Department of Pharmacology and Therapeutics, Faculty of Medicine, University of Porto, Porto, Portugal.


Immune-mediated inflammatory diseases share several pathogenic pathways and this pushes sometimes to extrapolate from one disease or indication to others. A biosimilar can be defined as a biotherapeutic product which is similar in terms of quality, safety, and efficacy to an already licensed reference biotherapeutic product. We review the substrate for extrapolation, the current approval process for biosimilars and the pioneering studies on biosimilars performed in rheumatoid arthritis patients. A biosimilar has the same amino acid sequence as its innovator product. However, post-translational modifications can occur and the current analytical techniques do not allow the final structure. To test the efficacy in one indication, a homogeneous population should be chosen and immunogenicity features are essential in switching and interchangeability. CT-P13 (Remsima™; Inflectra™) is a biosimilar of reference infliximab (Remicade®). It meets most of the requirements for extrapolation.
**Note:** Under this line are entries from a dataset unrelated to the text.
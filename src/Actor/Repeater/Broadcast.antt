-- ===== src/Actor/Repeater/Broadcast.antt =====
-- Which messages of the repeater reach which channel.
use symposium.Prelude.{
  ℕ, zero, suc, ◌+◌, ◌≡◌, refl, Bool, List, [], ◌∷◌, ◌++◌, map, keep, ◌==◌, if◌then◌else◌, arith,
  Bool-cases, inl, inr, Option-cases, some, true, ◌↔◌, ap, ◌∙◌,
}
use symposium.Prelude.Text.{Text, codes, text_eq_iff}
use symposium.Actor.Repeater.{
  SerdeJson, RepeaterMessage, incoming_message, subscribe, debug_dump, debug_set_identifier,
  RepeaterActor, Moment, Sent, broadcast, dumped, handle_incoming_message, handle, run, is_log,
}

-- How often channel `c` stands among the subscribers.
abbrev pub count : ℕ → List ℕ → ℕ
count c [] = 0
count c (d ∷ ds) = if d == c then suc (count c ds) else count c ds

abbrev pub repeated : ℕ → Text → List Text
repeated zero t = []
repeated (suc n) t = t ∷ repeated n t

-- The broadcasts among `out` that went to channel `c`.
abbrev pub received : ℕ → List Sent → List Text
received c [] = []
received c (broadcast d t ∷ out) = if d == c then t ∷ received c out else received c out
received c (dumped d h ∷ out) = received c out

count-append : (c : ℕ) (xs ys : List ℕ) → count c (xs ++ ys) ≡ count c xs + count c ys
count-append c [] ys = omega arith
count-append c (x ∷ xs) ys = ground (arith, count-append c xs ys)

count-keep :
    (c : ℕ) (p : ℕ → Bool) (xs : List ℕ) → count c (keep p xs) ≡ (if p c then count c xs else 0)
count-keep c p [] = ground arith
count-keep c p (x ∷ xs) = ground (arith, count-keep c p xs)

received-append :
    (c : ℕ) (xs ys : List Sent) → received c (xs ++ ys) ≡ received c xs ++ received c ys
received-append c [] ys = refl
received-append c (broadcast d t ∷ xs) ys = ground (arith, received-append c xs ys)
received-append c (dumped d h ∷ xs) ys = received-append c xs ys

received-map :
    (c : ℕ) (t : Text) (ds : List ℕ)
    → received c (map (λ d. broadcast d t) ds) ≡ repeated (count c ds) t
received-map c t [] = refl
received-map c t (d ∷ ds) = ground (arith, received-map c t ds)

-- Channel `c` has received `spec.1`, and stands `spec.0` times among the subscribers.
abbrev Agrees : ℕ → RepeaterActor × List Sent → ℕ × List Text → Type 0
Agrees c result spec = (received c result.1 ≡ spec.1) × (count c result.0.subscribers ≡ spec.0)

module _ (json : SerdeJson) where
  -- What one message means for a channel that stands `n` times among the subscribers: how often it
  -- stands there afterwards, and what it receives.
  abbrev pub one : ℕ → ℕ → Moment → RepeaterMessage → ℕ × List Text
  one c n now (subscribe d) = (if d == c then suc n else n, [])
  one c n now (incoming_message client t) =
      if is_log json t then (n, []) else (if now.is_open c then (n, repeated n t) else (0, []))
  one c n now (debug_dump d) = (n, [])
  one c n now (debug_set_identifier client t) = (n, [])

  abbrev pub expected : ℕ → ℕ → List (Moment × RepeaterMessage) → List Text
  expected c n [] = []
  expected c n ((now, m) ∷ ms) = let (n', texts) = one c n now m in texts ++ expected c n' ms

  incoming-one :
      (c client : ℕ) (now : Moment) (t : Text) (s : RepeaterActor)
      → Agrees c
          (handle_incoming_message json now client t s)
          (one c (count c s.subscribers) now (incoming_message client t))
  unfolding handle_incoming_message
  incoming-one c client now t s = elim (Bool-cases (is_log json t)) [
    | inl log ↦ rw log (refl, refl)
    | inr other ↦ elim (Bool-cases (now.is_open c)) [
      | inl here ↦ (
        rw (other, here, received-map c t (keep now.is_open s.subscribers), count-keep, here),
        rw (other, here, count-keep, here),
      )
      | inr gone ↦ (
        rw (other, gone, received-map c t (keep now.is_open s.subscribers), count-keep, gone),
        rw (other, gone, count-keep, gone),
      )
    ]
  ]

  handle-one :
      (c : ℕ) (now : Moment) (m : RepeaterMessage) (s : RepeaterActor)
      → Agrees c (handle json now m s) (one c (count c s.subscribers) now m)
  unfolding handle
  handle-one c now (incoming_message client t) s = incoming-one c client now t s
  handle-one c now (subscribe d) s = (refl, ground (arith, count-append c s.subscribers (d ∷ [])))
  handle-one c now (debug_dump d) s = elim (Bool-cases (now.is_open d)) [
    | inl here ↦ rw here (refl, refl)
    | inr gone ↦ rw gone (refl, refl)
  ]
  handle-one c now (debug_set_identifier d t) s = (refl, refl)

  -- A JSON object whose `type` is `log`.
  abbrev pub IsLog : Text → Type 0
  IsLog t =
      (parsed : json.Value) × (json.from_str t ≡ some parsed)
      × (json.get_str (codes "type") parsed ≡ some (codes "log"))

  is_log_iff : (t : Text) → (is_log json t ≡ true) ↔ IsLog t
  unfolding is_log
  is_log_iff t = elim (Option-cases (json.from_str t)) [
    | inl n ↦ rw (n, is_log) (λ h. cc, λ (v, e, f). cc)
    | inr (v, e) ↦ elim (Option-cases (json.get_str (codes "type") v)) [
      | inl n ↦ rw (e, n, is_log) (λ h. cc, λ (v', e', f). cc)
      | inr (s, f) ↦
          rw (e, f, is_log)
            (
              λ h. (v, refl, f ∙ ap some ((text_eq_iff s (codes "log")).0 h)),
              λ (v', e', f'). (text_eq_iff s (codes "log")).1 (cc),
            )
    ]
  ]

  run-received-expected :
      (c : ℕ) (ms : List (Moment × RepeaterMessage)) (s : RepeaterActor)
      → received c (run json ms s).1 ≡ expected c (count c s.subscribers) ms
  unfolding run
  run-received-expected c [] s = refl
  run-received-expected c ((now, m) ∷ ms) s =
      let (out, left) = handle-one c now m s in
      rw (received-append, out, run-received-expected c ms (handle json now m s).0, left)

  -- From any state and after any messages, a channel has received exactly the messages that are no
  -- log messages, each as often as the channel was then subscribed and while its receiver was
  -- open, in the order of arrival; the other channels make no difference. The log messages are the
  -- JSON values whose `type` is `log`.
  pub run-received :
      (c : ℕ) (ms : List (Moment × RepeaterMessage)) (s : RepeaterActor)
      → (received c (run json ms s).1 ≡ expected c (count c s.subscribers) ms)
        × ((t : Text) → (is_log json t ≡ true) ↔ IsLog t)
  run-received c ms s = (run-received-expected c ms s, is_log_iff)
Nevertheless, in inflammatory bowel diseases (IBD) we need more studies to confirm the postulates of extrapolation from rheumatoid arthritis and ankylosing spondylitis to IBD. Furthermore, an effective pharmacovigilance schedule is mandatory to look for immunogenicity and side effects.


Biosimilars; Crohn's disease; biologics; inflammatory bowel diseases; infliximab; ulcerative colitis.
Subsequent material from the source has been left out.